* **SUPPLIED ENTRIES**:
*** Block opens ***
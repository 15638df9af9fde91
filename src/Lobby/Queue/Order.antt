-- ===== src/Lobby/Queue/Order.antt =====
-- Packets come out of the queue as they went in.
use ship_server.Base.{
  ℕ, ◌≡◌, ◌⊎◌, inl, inr, refl, sym, ap, ◌∙◌, Bool, true, false, ◌&&◌, List, [], ◌∷◌, ◌++◌, ◌==◌,
  if◌then◌else◌, pos, neg, has_flag, append-nil, append_assoc, All, Bool-cases,
}
use ship_server.Lobby.{Packet, Lobby}
use ship_server.Lobby.Flag
use ship_server.Lobby.Queue.{
  is_known, lobby_enqueue_pkt, fails, drain, sync_regs, Burst, lobby_handle_done_burst,
}

-- Queueing several packets, one after another.
pub enqueue_all : Lobby → List Packet → Lobby
enqueue_all l [] = l
enqueue_all l (p ∷ ps) = enqueue_all (lobby_enqueue_pkt true l p).1 ps

enqueue_one :
    (l : Lobby) (p : Packet)
    → has_flag l.flags Flag.bursting ≡ true
    → is_known p ≡ true
    → (lobby_enqueue_pkt true l p).1 ≡ record l { pkt_queue = l.pkt_queue ++ (p ∷ []) }
unfolding lobby_enqueue_pkt
enqueue_one l p b k = rw (b, k) refl

enqueue_all-queue :
    (l : Lobby) (ps : List Packet)
    → has_flag l.flags Flag.bursting ≡ true
    → All (λ p. is_known p ≡ true) ps
    → (enqueue_all l ps).pkt_queue ≡ l.pkt_queue ++ ps
unfolding enqueue_all
enqueue_all-queue l [] b k = sym (append-nil l.pkt_queue)
enqueue_all-queue l (p ∷ ps) b k =
    ap (λ (x : Lobby). (enqueue_all x ps).pkt_queue) (enqueue_one l p b k.0)
    ∙ enqueue_all-queue (record l { pkt_queue = l.pkt_queue ++ (p ∷ []) }) ps b k.1
    ∙ append_assoc l.pkt_queue (p ∷ []) ps

drain-ok :
    (bcast one : Packet → Bool) (q : List Packet)
    → All (λ p. is_known p ≡ true) q
    → All (λ p. fails bcast one p ≡ false) q
    → drain (fails bcast one) false q ≡ (false, q)
unfolding drain
drain-ok bcast one [] k h = refl
drain-ok bcast one (p ∷ q) k h = rw (h.0, k.0) (rw (drain-ok bcast one q k.1 h.1) refl)

-- The registers that a client who has burst is due: those with a value, in the order of the lobby's
-- list, in a lobby that synchronises registers.
unfoldable pub with_values : List ℕ → List ℕ → List (ℕ × ℕ)
with_values [] vals = []
with_values (r ∷ rs) [] = []
with_values (r ∷ rs) (v ∷ vs) =
    let rest = with_values rs vs in if v == 0 then rest else (r, v) ∷ rest

abbrev pub due : Lobby → Bool → List (ℕ × ℕ)
due l syncs =
    if syncs && has_flag l.q_flags Flag.q_sync_regs then with_values l.syncregs l.regvals else []

module _ (send_fails : ℕ → ℕ → Bool) where
  -- All pairs are sent, or those up to the first whose sending fails.
  abbrev Synced : Bool → List (ℕ × ℕ) → List (ℕ × ℕ) → Type 0
  Synced bad all sent =
      ((bad ≡ false) × (sent ≡ all) × All (λ x. send_fails x.0 x.1 ≡ false) all)
      ⊎ ((done : List (ℕ × ℕ)) × (x : ℕ × ℕ) × (left : List (ℕ × ℕ)) × (bad ≡ true)
          × (all ≡ done ++ (x ∷ left))
          × (sent ≡ done ++ (x ∷ []))
          × (send_fails x.0 x.1 ≡ true)
          × All (λ y. send_fails y.0 y.1 ≡ false) done)

  Synced-cons :
      (bad : Bool) (all sent : List (ℕ × ℕ)) (x : ℕ × ℕ)
      → send_fails x.0 x.1 ≡ false
      → Synced bad all sent
      → Synced bad (x ∷ all) (x ∷ sent)
  Synced-cons bad all sent x e (inl (b, q, h)) = inl (b, ap (λ t. x ∷ t) q, (e, h))
  Synced-cons bad all sent x e (inr (done, y, left, b, q, q', f, h)) =
      inr (x ∷ done, y, left, b, ap (λ t. x ∷ t) q, ap (λ t. x ∷ t) q', f, (e, h))

  -- A round of the loop, after the rounds on the later registers.
  abbrev sync_step : Bool → ℕ × ℕ → Bool × List (ℕ × ℕ) → Bool × List (ℕ × ℕ)
  sync_step failed x rest = if failed then (true, x ∷ []) else (rest.0, x ∷ rest.1)

  sync_step-Synced :
      (failed : Bool) (rest : Bool × List (ℕ × ℕ)) (all : List (ℕ × ℕ)) (x : ℕ × ℕ)
      → send_fails x.0 x.1 ≡ failed
      → Synced rest.0 all rest.1
      → Synced (sync_step failed x rest).0 (x ∷ all) (sync_step failed x rest).1
  sync_step-Synced true rest all x e h = inr ([], x, all, refl, refl, refl, e, tt)
  sync_step-Synced false rest all x e h = Synced-cons rest.0 all rest.1 x e h

  sync_regs-Synced :
      (regs vals : List ℕ)
      → Synced
          (sync_regs send_fails regs vals).0
          (with_values regs vals)
          (sync_regs send_fails regs vals).1
  unfolding sync_regs with_values
  sync_regs-Synced [] vals = inl (refl, refl, tt)
  sync_regs-Synced (r ∷ rs) [] = inl (refl, refl, tt)
  sync_regs-Synced (r ∷ rs) (v ∷ vs) =
      let ih = sync_regs-Synced rs vs in
      elim (Bool-cases (v == 0)) [
        | inl e ↦ rw e ih
        | inr e ↦ rw e (
            sync_step-Synced (send_fails r v) (sync_regs send_fails rs vs) (with_values rs vs)
              (r, v) refl ih)
      ]

  due-Synced :
      (t : Bool) (regs vals : List ℕ)
      → let out : Bool × List (ℕ × ℕ) =
          (if t then sync_regs send_fails regs vals else (false, [])) in
        Synced out.0 (if t then with_values regs vals else []) out.1
  due-Synced true regs vals = sync_regs-Synced regs vals
  due-Synced false regs vals = inl (refl, refl, tt)

  -- What is left when a burst is done: the packets handled, the registers sent, the answer.
  abbrev pub IsDone : List Packet → List (ℕ × ℕ) → Burst → Type 0
  IsDone ps pairs b =
      (b.handled ≡ ps)
      × (b.lobby.pkt_queue ≡ [])
      × ((bad : Bool) × (b.rv ≡ (if bad then neg 1 else pos 0)) × Synced bad pairs b.synced)

  -- The packets that are queued while a player bursts, if the queue was empty, are handled once
  -- each and in the order of the calls when the burst is done, if no handler fails; the queue is
  -- then empty. After them the client, where the call is given one and the lobby synchronises
  -- registers, is sent each register that has a value, in order and up to the first whose sending
  -- fails. The answer is -1 if one fails and 0 else. Handlers do not change the queue.
  pub lobby_handle_done_burst-fifo :
      (bcast one : Packet → Bool) (l : Lobby) (ps : List Packet) (syncs : Bool)
      → l.pkt_queue ≡ []
      → has_flag l.flags Flag.bursting ≡ true
      → All (λ p. is_known p ≡ true) ps
      → All (λ p. fails bcast one p ≡ false) ps
      → let l' = enqueue_all l ps in
        IsDone ps (due l' syncs) (lobby_handle_done_burst bcast one send_fails l' syncs)
  unfolding lobby_handle_done_burst
  lobby_handle_done_burst-fifo bcast one l ps syncs empty b k h =
      let l' = enqueue_all l ps in
      let t = syncs && has_flag l'.q_flags Flag.q_sync_regs in
      let queue : l'.pkt_queue ≡ ps = enqueue_all-queue l ps b k ∙ ap (λ q. q ++ ps) empty in
      rw (queue, drain-ok bcast one ps k h)
        (refl, refl, (_, refl, due-Synced t l'.syncregs l'.regvals))

drain-failed : (failing : Packet → Bool) (q : List Packet) → drain failing true q ≡ (true, [])
unfolding drain
drain-failed failing [] = refl
drain-failed failing (p ∷ q) = rw (drain-failed failing q) refl

drain-stops :
    (bcast one : Packet → Bool) (q r : List Packet) (p : Packet)
    → All (λ x. is_known x ≡ true) q
    → All (λ x. fails bcast one x ≡ false) q
    → is_known p ≡ true
    → fails bcast one p ≡ true
    → drain (fails bcast one) false (q ++ (p ∷ r)) ≡ (true, q ++ (p ∷ []))
unfolding drain
drain-stops bcast one [] r p k h kp f = rw (f, kp, drain-failed (fails bcast one) r) refl
drain-stops bcast one (x ∷ q) r p k h kp f =
    rw (h.0, k.0) (rw (drain-stops bcast one q r p k.1 h.1 kp f) refl)

-- When the handler of a queued packet fails, `lobby_handle_done_burst` answers -1: the packets up to
-- that one were handled in order, the later ones are dropped, and the queue is empty.
lobby_handle_done_burst-failure :
    (bcast one : Packet → Bool) (send_fails : ℕ → ℕ → Bool) (l : Lobby) (q r : List Packet)
    (p : Packet) (syncs : Bool)
    → l.pkt_queue ≡ q ++ (p ∷ r)
    → All (λ x. is_known x ≡ true) q
    → All (λ x. fails bcast one x ≡ false) q
    → is_known p ≡ true
    → fails bcast one p ≡ true
    → let b = lobby_handle_done_burst bcast one send_fails l syncs in
      (b.rv ≡ neg 1) × (b.handled ≡ q ++ (p ∷ [])) × (b.lobby.pkt_queue ≡ [])
unfolding lobby_handle_done_burst
lobby_handle_done_burst-failure bcast one send_fails l q r p syncs e k h kp f =
    rw (e, drain-stops bcast one q r p k h kp f) (refl, refl, refl)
*** Block closes ***
Find "((bad ≡ false)" in the entries above and copy that whole line exactly, then each line after it through the line that contains "Synced-cons bad all sent x e (inl".

* **YOUR SOLUTION**:
      ((bad ≡ false) × (sent ≡ all) × All (λ x. send_fails x.0 x.1 ≡ false) all)
      ⊎ ((done : List (ℕ × ℕ)) × (x : ℕ × ℕ) × (left : List (ℕ × ℕ)) × (bad ≡ true)
          × (all ≡ done ++ (x ∷ left))
          × (sent ≡ done ++ (x ∷ []))
          × (send_fails x.0 x.1 ≡ true)
          × All (λ y. send_fails y.0 y.1 ≡ false) done)

  Synced-cons :
      (bad : Bool) (all sent : List (ℕ × ℕ)) (x : ℕ × ℕ)
      → send_fails x.0 x.1 ≡ false
      → Synced bad all sent
      → Synced bad (x ∷ all) (x ∷ sent)
  Synced-cons bad all sent x e (inl (b, q, h)) = inl (b, ap (λ t. x ∷ t) q, (e, h))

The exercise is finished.